The remake does follow the same storyline as both the manga and the 60s anime: In Japan during the year 2030, a scientist named Dr. Tenma is trying to create a robot capable of expressing human emotions, so engrossed in his task that he forgets to take his son Tobio to the amusement park. In his anger, Tobio tries to go to the amusement park himself, but gets into a terrible accident and dies from his injuries. Unable to move on from the loss of his son, Dr. Tenma decides to mold the robot into what is basically a replacement for Tobio and succeeds in bringing the robot to life. But not only does the robot child act differently from Tobio, he’s unable to control his strength. Angered at how things turned out, Dr. Tenma disowns the robot, and it winds up being recruited to work for a back alley circus. Luckily, a scientist by the name of Dr. Ochanomizu manages to save the robot from the ringleader’s mistreatment, renaming him Astro (Atom in the Japanese version) and bringing him to Tokyo, assigning him as the defender of the city. Other than the first few episodes and a running plot thread about another robot named Atlas, Astro Boy as a series is pretty episodic, all of which show Astro solving various problems with his robot powers and saving people.
Considering this remake was made solely to improve on the sixties series and give it better animation, I can definitely say that Tezuka Productions succeeded in their goal, because the animation here is MUCH better than the sixties version. While parts of it are held back by the limitations of the technology of the time, the action scenes are extremely fluid and are bursting with kinetic energy. The backgrounds are well rendered, character designs are more detailed while still maintaining Tezuka’s iconic style, and the series being made with hand-painted cels really give it a rustic look that you can’t find in most anime anymore. That being said, it’s not without its issues, and there are times where several characters go off model. The animation does start to dip in quality later in the series, but not by much. There’s also the fact that this rendition of Astro Boy is only 52 episodes long as opposed to the sixties series’ 193, which prevents the series from overstaying its welcome and dragging itself out. I haven’t seen the 2003 anime beyond half the first episode, so I can’t comment on how that series’ pacing and plot progression is compared to this one or the sixties series.
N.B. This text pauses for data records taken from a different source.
-- ===== src/Ipd/Frame/Field.antt =====
-- `addr_field_ok` decides whether a frame begins with a well-formed address field.
use linuxax.Prelude.{
  ℕ, zero, suc, ◌+◌, ◌-◌, ◌*◌, ◌≤◌, ◌<◌, ◌≡◌, ◌↔◌, true, false, List, get_or, length, arith, ltb,
  Bool-cases, inl, inr,
}
use mathlib.Core.Path.{subst}
use native.Mathlib.Decide.{dec_lt}
use linuxax.Ipd.Frame.{is_last, max_digis, field_ok, addr_field_ok}
use linuxax.Ipd.Frame.Layout.{HasAddresses, flags}

-- The addresses before the `n`-th carry no E bit.
abbrev Before : ℕ → List ℕ → Type 0
Before n f = (i : ℕ) → 1 ≤ i → i + 1 < n → is_last (flags f i) ≡ false

Before-suc :
    (n : ℕ) (f : List ℕ) → 2 ≤ n → Before n f → is_last (flags f (n - 1)) ≡ false → Before (n + 1) f
Before-suc n f two before new i p q = elim (dec_lt (i + 1) n) [
  | yes lt ↦ before i p lt
  | no ge ↦ let same : i ≡ n - 1 = omega arith in rw same new
]

not_ltb : (a b : ℕ) → b ≤ a → ltb a b ≡ false
not_ltb a b h = ground arith

field_ok_sound :
    (left n : ℕ) (f : List ℕ)
    → 2 ≤ n
    → n + left ≤ 3 + max_digis
    → Before n f
    → field_ok left n f ≡ true
    → (k : ℕ) × HasAddresses k f
unfolding field_ok
field_ok_sound zero n f two few before e = absurd (ground arith)
field_ok_sound (suc left) n f two few before e = elim (Bool-cases (ltb (length f) (n * 7 + 1))) [
  | inl short ↦ absurd (ground arith)
  | inr fits ↦ elim (Bool-cases (is_last (get_or f ((n - 1) * 7 + 6) 0))) [
    | inl done ↦ (
      n,
      record { two = two; few = omega arith; inside = ground arith; last = done; others = before },
    )
    | inr more ↦
        field_ok_sound left (n + 1) f (omega arith) (omega arith) (Before-suc n f two before more)
          (rw (fits, more) at e)
  ]
]

field_ok_complete :
    (left n k : ℕ) (f : List ℕ)
    → 2 ≤ n
    → n ≤ k
    → k < n + left
    → HasAddresses k f
    → field_ok left n f ≡ true
unfolding field_ok
field_ok_complete zero n k f two le lt h = absurd (omega arith)
field_ok_complete (suc left) n k f two le lt h = elim (dec_lt n k) [
  | yes more ↦
      rw
        (
          not_ltb (length f) (n * 7 + 1) (omega (arith, h.inside)),
          h.others (n - 1) (omega arith) (omega arith),
        )
        (field_ok_complete left (n + 1) k f (omega arith) (omega arith) (omega arith) h)
  | no here ↦
      let same : k ≡ n = omega arith in
      rw (
        not_ltb (length f) (n * 7 + 1) (omega (arith, h.inside)),
        subst (λ t. is_last (flags f (t - 1)) ≡ true) same h.last,
      )
]

-- `addr_field_ok` answers true exactly if the frame begins with between 2 and 2 + MAX_DIGIS
-- addresses of 7 bytes, of which, after the first, only the last carries the E bit, all of them
-- inside the frame and followed by at least one byte.
pub addr_field_ok_iff : (f : List ℕ) → (addr_field_ok f ≡ true) ↔ ((n : ℕ) × HasAddresses n f)
unfolding addr_field_ok
addr_field_ok_iff f = (
  field_ok_sound 9 2 f (omega arith) (omega arith) (λ i p q. absurd (omega arith)),
  λ h. field_ok_complete 9 2 h.0 f (omega arith) h.1.two (omega (arith, h.1.few)) h.1,
)
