-- ===== src/Ipd/Frame/From.antt =====
-- `from_addr`: the station that the frame was last heard from.
use linuxax.Prelude.{
  ℕ, zero, suc, ◌+◌, ◌-◌, ◌*◌, ◌≤◌, ◌<◌, ◌≡◌, ◌⊎◌, Bool, true, false, ◌&&◌, ◌||◌, List, some,
  length, arith, refl, if◌then◌else◌, not, Bool-cases, inl, inr, ap,
}
use mathlib.Core.Path.{subst}
use linuxax.Ipd.Frame.{is_last, repeated, from_digi, from_addr}
use linuxax.Ipd.Frame.Layout.{
  HasAddresses, flags, AllRepeated, AllRepeated-suc, read_flags, is_last-flags,
}

-- Address `k` is the first digipeater that is the last address or has not repeated the frame: where
-- the walk stops.
abbrev pub StopsAt : ℕ → List ℕ → ℕ → Type 0
StopsAt n f k =
    (2 ≤ k) × (k < n) × AllRepeated f 2 k × ((k + 1 ≡ n) ⊎ (repeated (flags f k) ≡ false))

-- What is returned where the walk stops.
abbrev pub stop_addr : Bool → List ℕ → ℕ → ℕ
stop_addr true f k = (k - 1) * 7
stop_addr false f k = if repeated (flags f k) then k * 7 else (k - 1) * 7

stop_fresh :
    (digi : Bool) (f : List ℕ) (k a : ℕ)
    → a ≡ k * 7
    → repeated (flags f k) ≡ false
    → (if digi || true then some (a - 7) else some a) ≡ some (stop_addr digi f k)
stop_fresh true f k a e fresh = ap some (omega arith)
stop_fresh false f k a e fresh = rw fresh (ap some (omega arith))

stop_last :
    (digi : Bool) (f : List ℕ) (k a : ℕ)
    → a ≡ k * 7
    → repeated (flags f k) ≡ true
    → (if digi || false then some (a - 7) else some a) ≡ some (stop_addr digi f k)
stop_last true f k a e old = ap some (omega arith)
stop_last false f k a e old = rw old (ap some e)

not-and-false : (b : Bool) → (not b && false) ≡ false
not-and-false true = refl
not-and-false false = refl

from_digi_stops :
    (fuel k a n : ℕ) (digi : Bool) (f : List ℕ)
    → HasAddresses n f
    → 2 ≤ k
    → k < n
    → n ≤ k + fuel
    → a ≡ k * 7
    → AllRepeated f 2 k
    → (j : ℕ) × StopsAt n f j × (from_digi fuel digi f a ≡ some (stop_addr digi f j))
unfolding from_digi
from_digi_stops zero k a n digi f h two lt enough e all = absurd (omega arith)
from_digi_stops (suc fuel) k a n digi f h two lt enough e all =
    rw (read_flags n k a f h lt e) (elim (Bool-cases (repeated (flags f k))) [
      | inr fresh ↦ (
        k,
        (two, lt, all, inr fresh),
        rw (fresh, not-and-false (is_last (flags f k))) (stop_fresh digi f k a e fresh),
      )
      | inl old ↦ elim (is_last-flags n k f h (omega arith) lt) [
        | inl (end, last) ↦
            (k, (two, lt, all, inl end), rw (old, last) (stop_last digi f k a e old))
        | inr (more, other) ↦
            rw (old, other)
              (from_digi_stops fuel (k + 1) (a + 7) n digi f h (omega arith) more (omega arith)
                (omega arith) (AllRepeated-suc f 2 k all old))
      ]
    ])

-- On a well-formed address field with digipeaters `from_addr` reads nothing outside the frame and
-- returns: in TNC mode the last of the digipeaters that repeated the frame one after another, or
-- the source if the first has not; in digipeater mode the address before the one where this walk
-- ends. Without digipeaters it returns the source.
pub from_addr_stops :
    (n : ℕ) (digi : Bool) (f : List ℕ)
    → HasAddresses n f
    → ((n ≡ 2) × (from_addr digi f ≡ some 7))
      ⊎ ((k : ℕ) × StopsAt n f k × (from_addr digi f ≡ some (stop_addr digi f k)))
unfolding from_addr
from_addr_stops n digi f h =
    rw (read_flags n 1 7 f h (omega (arith, h.two)) (omega arith))
      (elim (is_last-flags n 1 f h (omega arith) (omega (arith, h.two))) [
        | inl (end, last) ↦ inl (omega arith, rw last)
        | inr (more, other) ↦ inr (
            rw other (
              from_digi_stops (length f) 2 14 n digi f h (omega arith) more
                (omega (arith, h.inside)) (omega arith) (λ i p q. absurd (omega arith))))
      ])

-- The station last heard, in TNC mode: the last address `m` such that all digipeaters up to it have
-- repeated the frame and the next one has not.
abbrev pub IsHeard : ℕ → List ℕ → ℕ → Type 0
IsHeard n f m =
    (1 ≤ m)
    × (m < n)
    × AllRepeated f 2 (m + 1)
    × ((m + 1 ≡ n) ⊎ ((m + 1 < n) × (repeated (flags f (m + 1)) ≡ false)))

end_of : {P : Type 0} {b : Bool} → P ⊎ (b ≡ false) → b ≡ true → P
end_of (inl p) e = p
end_of (inr q) e = cc

-- In TNC mode `from_addr` reads nothing outside a well-formed address field and returns the last
-- of the digipeaters that have repeated the frame one after another, or the source if the first
-- has not or if there is none.
pub from_addr-IsHeard :
    (n : ℕ) (f : List ℕ)
    → HasAddresses n f
    → (m : ℕ) × IsHeard n f m × (from_addr false f ≡ some (m * 7))
from_addr-IsHeard n f h = elim (from_addr_stops n false f h) [
  | inl (two, e) ↦
      (1, (omega arith, omega arith, (λ i p q. absurd (omega arith)), inl (omega arith)), e)
  | inr (k, (two, lt, all, stop), e) ↦ elim (Bool-cases (repeated (flags f k))) [
    | inl old ↦
        (k, (omega arith, lt, AllRepeated-suc f 2 k all old, inl (end_of stop old)), rw old at e)
    | inr fresh ↦ (
      k - 1,
      (
        omega arith,
        omega arith,
        subst (AllRepeated f 2) (omega arith) all,
        inr (omega arith, subst (λ t. repeated (flags f t) ≡ false) (omega arith) fresh),
      ),
      rw fresh at e,
    )
  ]
]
The soundtrack is pretty good too, even if it’s not particularly memorable. I did find the opening theme song to be pretty cute, and I like that it had a children’s choir sing it as a call back to the fact that NBC’s dub of the sixties series did the exact same thing…which apparently inspired Japan to do that for all its anime openings from then on. Funny how something from America influenced Japan, though Tezuka’s art style did take inspiration from Disney, so there’s that. Something I find to be both interesting and funny is that sometimes this series uses public domain classical music at points. One episode used the Can-Can, others used Night on Bald Mountain, Tchaikovsky’s Swan Lake, and one I’m not as familiar with, Mars: Bringer of War from Gustav Holst’s Planets. Hell, in episode one, Astro’s “birth” is accompanied by a literal beat-for-beat recreation of Richard Strauss’ 1896 composition, Also Sprach Zarathustra, specifically the rendition from Stanley Kurbick’s 2001: A Space Odyssey, which had only come out twelve years prior. Not only is this a great call back to another piece of famous sci-fi media that influenced the genre for generations to come, it also makes for a nice meta in-joke because not only is Tezuka a HUGE fan of the movie itself, he was personally invited by Kubrick to be an art director for the movie, but couldn’t do it due to other obligations. It makes me wonder if Tezuka threw that in as a homage to 2001, or just for funsies.
I do think the remake kind of dropped the ball in terms of fleshing out its characters. With the show’s episodic nature, the characters don’t really change all that much, with some exceptions. I don’t know if this was the same in both the 60s and 2003 series, so I can’t compare it to those. I also feel like the show missed some opportunities to develop its characters. For example, when Uran is first introduced, Astro is at first annoyed with Uran’s behavior, to the point where he flat-out abandons her in the middle of town…but here’s the thing: Dr. Tenma did the exact same thing to Astro when he was first born, and you’d think the show would follow up on this and have Astro realize he did the same thing to Uran what Dr. Tenma did to him, maybe have him feel that he’s no better than Dr. Tenma and resolving to reconcile with Uran and accept her for how she is, not wanting to be like Dr. Tenma and repeat his mistakes. But the show doesn’t do that, and when all is said and done, it’s never brought up ever again. There are also times when the show’s character writing is wildly inconsistent, even in the same episode. In one episode, Astro’s dog Jump gets hurt, and Uran is constantly flip-flopping between worrying about his welfare and not giving a shit and wanting a robot dog. BTW, I think Uran is the worst character in the show because she’s an annoying brat who is constantly causing needless trouble and tons of property damage, has no remorse for anything she does, and is an unrepentant bully on top of it. It really says a lot that Naoki Urasawa of all people managed to write Uran a lot better and make her more likeable while keeping the essence of her character.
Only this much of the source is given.